Stock market Update: The Indian stock market turned volatile with Sensex erasing its 73,000 mark and Nifty 50 struggling to hold 22,000 levels. Although, the benchmarks opened in green, however, were toppled by bears on broad-based selling with oil & gas, PSU Banks, Media and metal stocks taking the worst hit. Sensex and Nifty's performance is extending its losing streak after closing February month with over 5% drop each.
Sensex, Nifty:
Sensex dropped by over 409 points to hit an intraday low of 72,788.96. The benchmark opened at 73,427.65 and even touched an intraday high of 73,649.72 before giving up gains.

Meanwhile, Nifty plunged by 114 points to hit an intraday low of 22,010.70. The benchmark had opened at 22,194.55 and touched an intraday high of 22,261.55 before pulling back.
Heavyweight Reliance Industries share price dropped by 3% followed by IndusInd Bank, Bajaj Finserv, Zomato, Asian Paint, Adani Ports, and Tata Steel stocks that dropped by 1.5% to 3%. On the other hand, the top gainers were Ultratech Cement, Infosys, Bharti Airtel, M&M, HCL Tech and TCS which surged by 0.5% to 2%.
India's volatility index was up by 3%, while Nifty Midcap 100 and Nifty Smallcap 100 indexes dropped by around 2% each. Bank Nifty was down by 1%, however, Nifty PSU Bank dropped by 2%. Nifty Metal, Nifty Media and Nifty Oil & Gas indexes dipped by 1.5% to 2%.
Why Sensex, Nifty Are Volatile?
As per Trading Economics data, the India's equities fell 310 points, or 0.4%, to 72,890 in early trade on Monday while lingering at its lowest level since early June 2024, extending losses from the previous session, with almost all sectors trading in the red led by oil & gas and PSU bank. Midcap and smallcap indexes also plunged by 1.6% and 2.7% as panic-selling gripped the broader market. GDP data continued to pressure sentiment, after the country's economy grew 6.2% in the December quarter, below market forecasts of 6.3%, and the RBI's estimates of 6.8%.
Furthermore, it added, worriers global trade war dampened sentiment ahead of the imposition of tariffs on Canada and Mexico on Tuesday amid persistent foreign fund outflow. Traders also anticipated the release of US monthly jobs reports and PMI data to guide the Fed monetary policy path.
Also, Dr. V K Vijayakumar, Chief Investment Strategist, Geojit Financial Services pointed out that the main triggers for the sustained FII selling in India have been the high valuations and the attractive US bond yields. These important macros are undergoing a slow shift. Largecap valuations are now fair and in segments like financials attractive.
He added, US 10-year bond yields have declined to 4.21%. So, there is a possibility of FIIs reducing their selling, going forward. There is good news on India's growth front. The Q3 GDP growth numbers picking up from 5.6% in Q2 to 6.2% in Q3 and suggesting above 7 % growth in Q4 is indicative of cyclical recovery which bodes well for the stock market.

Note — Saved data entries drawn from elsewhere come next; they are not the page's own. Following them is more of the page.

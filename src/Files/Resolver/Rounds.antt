-- ===== src/Files/Resolver/Rounds.antt =====
-- The loop of `evalSymlinks` ends within the rounds that it is given.
use mathlib.Core.Path.{subst}
use mdtree.Prelude.{
  ℕ, zero, suc, ◌≤◌, Bytes, ◌≡◌, ◌≢◌, ◌⊎◌, ◌∙◌, sym, ap, inl, inr, refl, List, [], ◌∷◌, ◌++◌, arith,
  All, length, length-append,
}
use mdtree.Result.{Result, ok, err}
use mdtree.FilePath.{slash, join_slash, clean, dir, base}
use mdtree.FilePath.Split.{IsElem}
use mdtree.FilePath.Clean.{rooted}
use mdtree.FilePath.Dir.{dir-rooted, dir-top, base-rooted}
use mdtree.Fs.Node.{Errno, enoent, Fs}
use mdtree.Fs.Reads.{IoResult}
use mdtree.Files.Error.{Error, not_found}
use mdtree.Files.Resolver.{eval_links, rejoin, eval_symlinks_loop, eval_symlinks}
use mdtree.Files.Resolver.Within.{All-left, All-right}
use mdtree.Files.Resolver.Loop.{loop_round, loop-loop_round, longer_differs, round_above, round_top}
use mdtree.Files.Resolver.Links.{snoc_cases}

-- A run of the loop that ends, with what it returns. No number of rounds is given: a loop that runs
-- on for ever has none.
pub data Run (fs : Fs) : Bytes → List Bytes → Result Error Bytes → Type 0 where
  found :
      (cur : Bytes) (trailing : List Bytes) (resolved : Bytes)
      → eval_links fs cur ≡ ok resolved
      → Run fs cur trailing (ok (clean (rejoin resolved trailing)))
  refused :
      (cur : Bytes) (trailing : List Bytes) (e : Errno)
      → eval_links fs cur ≡ err e
      → e ≢ enoent
      → Run fs cur trailing (err not_found)
  at_top :
      (cur : Bytes) (trailing : List Bytes)
      → eval_links fs cur ≡ err enoent
      → dir cur ≡ cur
      → Run fs cur trailing (err not_found)
  goes_up :
      (cur : Bytes) (trailing : List Bytes) (r : Result Error Bytes)
      → eval_links fs cur ≡ err enoent
      → dir cur ≢ cur
      → Run fs (dir cur) (base cur ∷ trailing) r
      → Run fs cur trailing r

missing? : (e : Errno) → (e ≡ enoent) ⊎ (e ≢ enoent)
missing? enoent = inl refl
missing? _ = inr (λ q. cc)

round_refused :
    (rounds : ℕ) (fs : Fs) (es trailing : List Bytes) (e : Errno)
    → e ≢ enoent
    → loop_round rounds fs es trailing (err e) ≡ err not_found
round_refused rounds fs es trailing enoent n = absurd (n refl)
round_refused rounds fs es trailing _ n = refl

module _ (rounds : ℕ) (fs : Fs) (es trailing : List Bytes) (h : All IsElem es)
    (ih : (init : List Bytes) (x : Bytes)
      → es ≡ init ++ (x ∷ [])
      → Run fs
          (rooted init)
          (x ∷ trailing)
          (eval_symlinks_loop rounds fs (rooted init) (x ∷ trailing))) where
  above-Run :
      (init : List Bytes) (x : Bytes)
      → es ≡ init ++ (x ∷ [])
      → eval_links fs (rooted es) ≡ err enoent
      → Run fs (rooted es) trailing (loop_round rounds fs es trailing (err enoent))
  above-Run init x eq q =
      let h' = subst (All IsElem) eq h in
      let hi = All-left IsElem init (x ∷ []) h' in
      let hx = (All-right IsElem init (x ∷ []) h').0 in
      let up = ap (λ y. dir (rooted y)) eq ∙ dir-rooted init x hi hx in
      let last = ap (λ y. base (rooted y)) eq ∙ base-rooted init x hx in
      let differs = λ (e : dir (rooted es) ≡ rooted es).
        longer_differs init x hi hx (sym up ∙ e ∙ ap rooted eq) in
      let result : Result Error Bytes = loop_round rounds fs es trailing (err enoent) in
      let same =
        ap (λ y. loop_round rounds fs y trailing (err enoent)) eq
        ∙ round_above rounds fs init trailing x hi hx in
      goes_up (rooted es) trailing result q differs (
        subst (λ y. Run fs y (base (rooted es) ∷ trailing) result) (sym up)
          (subst (λ y. Run fs (rooted init) (y ∷ trailing) result) (sym last)
            (subst (Run fs (rooted init) (x ∷ trailing)) (sym same) (ih init x eq))))

  missing-Run :
      eval_links fs (rooted es) ≡ err enoent
      → Run fs (rooted es) trailing (loop_round rounds fs es trailing (err enoent))
  missing-Run q = elim (snoc_cases es) [
    | inr (init, x, eq) ↦ above-Run init x eq q
    | inl empty ↦
        subst (Run fs (rooted es) trailing)
          (sym (
            ap (λ y. loop_round rounds fs y trailing (err enoent)) empty
            ∙ round_top rounds fs trailing))
          (at_top (rooted es) trailing q
            (subst (λ y. dir (rooted y) ≡ rooted y) (sym empty) dir-top))
  ]

  round-Run :
      (r : IoResult Bytes)
      → eval_links fs (rooted es) ≡ r
      → Run fs (rooted es) trailing (loop_round rounds fs es trailing r)
  round-Run (ok resolved) q = found (rooted es) trailing resolved q
  round-Run (err e) q = elim (missing? e) [
    | inl p ↦
        subst (λ y. Run fs (rooted es) trailing (loop_round rounds fs es trailing (err y))) (sym p)
          (missing-Run (q ∙ ap err p))
    | inr n ↦
        subst (Run fs (rooted es) trailing) (sym (round_refused rounds fs es trailing e n))
          (refused (rooted es) trailing e q n)
  ]

  loop-Run : Run fs (rooted es) trailing (eval_symlinks_loop (suc rounds) fs (rooted es) trailing)
  loop-Run =
      subst (Run fs (rooted es) trailing)
        (sym (loop-loop_round rounds fs es trailing (eval_links fs (rooted es)) refl))
        (round-Run (eval_links fs (rooted es)) refl)

-- The loop on a number of rounds is a run, if the rounds are enough.
rounds-Run :
    (rounds : ℕ) (fs : Fs) (es trailing : List Bytes)
    → All IsElem es
    → length es ≤ rounds
    → Run fs (rooted es) trailing (eval_symlinks_loop (suc rounds) fs (rooted es) trailing)
rounds-Run zero fs es trailing h p =
    loop-Run zero fs es trailing h
      (λ init x eq. absurd (omega (arith, ap length eq, length-append init (x ∷ []))))
rounds-Run (suc rounds) fs es trailing h p = loop-Run (suc rounds) fs es trailing h (λ init x eq.
    rounds-Run rounds fs init (x ∷ trailing)
      (All-left IsElem init (x ∷ []) (subst (All IsElem) eq h))
      (omega (arith, ap length eq, length-append init (x ∷ []))))

length-join_slash : (es : List Bytes) → All IsElem es → length es ≤ length (join_slash es)
unfolding join_slash
length-join_slash [] h = omega arith
length-join_slash ([] ∷ es) h = absurd (h.0.0 refl)
length-join_slash ((c ∷ e) ∷ []) h = omega arith
length-join_slash ((c ∷ e) ∷ f ∷ es) h =
    omega (arith, length-append e (slash ∷ join_slash (f ∷ es)), length-join_slash (f ∷ es) h.1)

-- For a clean absolute path the loop ends, and `evalSymlinks` returns what the run that ends does.
pub eval_symlinks-Run :
    (fs : Fs) (es : List Bytes)
    → All IsElem es
    → Run fs (rooted es) [] (eval_symlinks fs (rooted es))
unfolding eval_symlinks
eval_symlinks-Run fs es h =
    rounds-Run (length (rooted es)) fs es [] h (omega (arith, length-join_slash es h))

The correction in the market is an opportunity for long-term investors to buy high quality stocks. The February auto sales numbers reveal excellent performance from M&M and Eicher. IT stocks also are turning attractive.
"It is difficult to predict when the market will bottom out. But this is the time to start buying without bothering about the near-term volatility," Vijayakumar added lastly.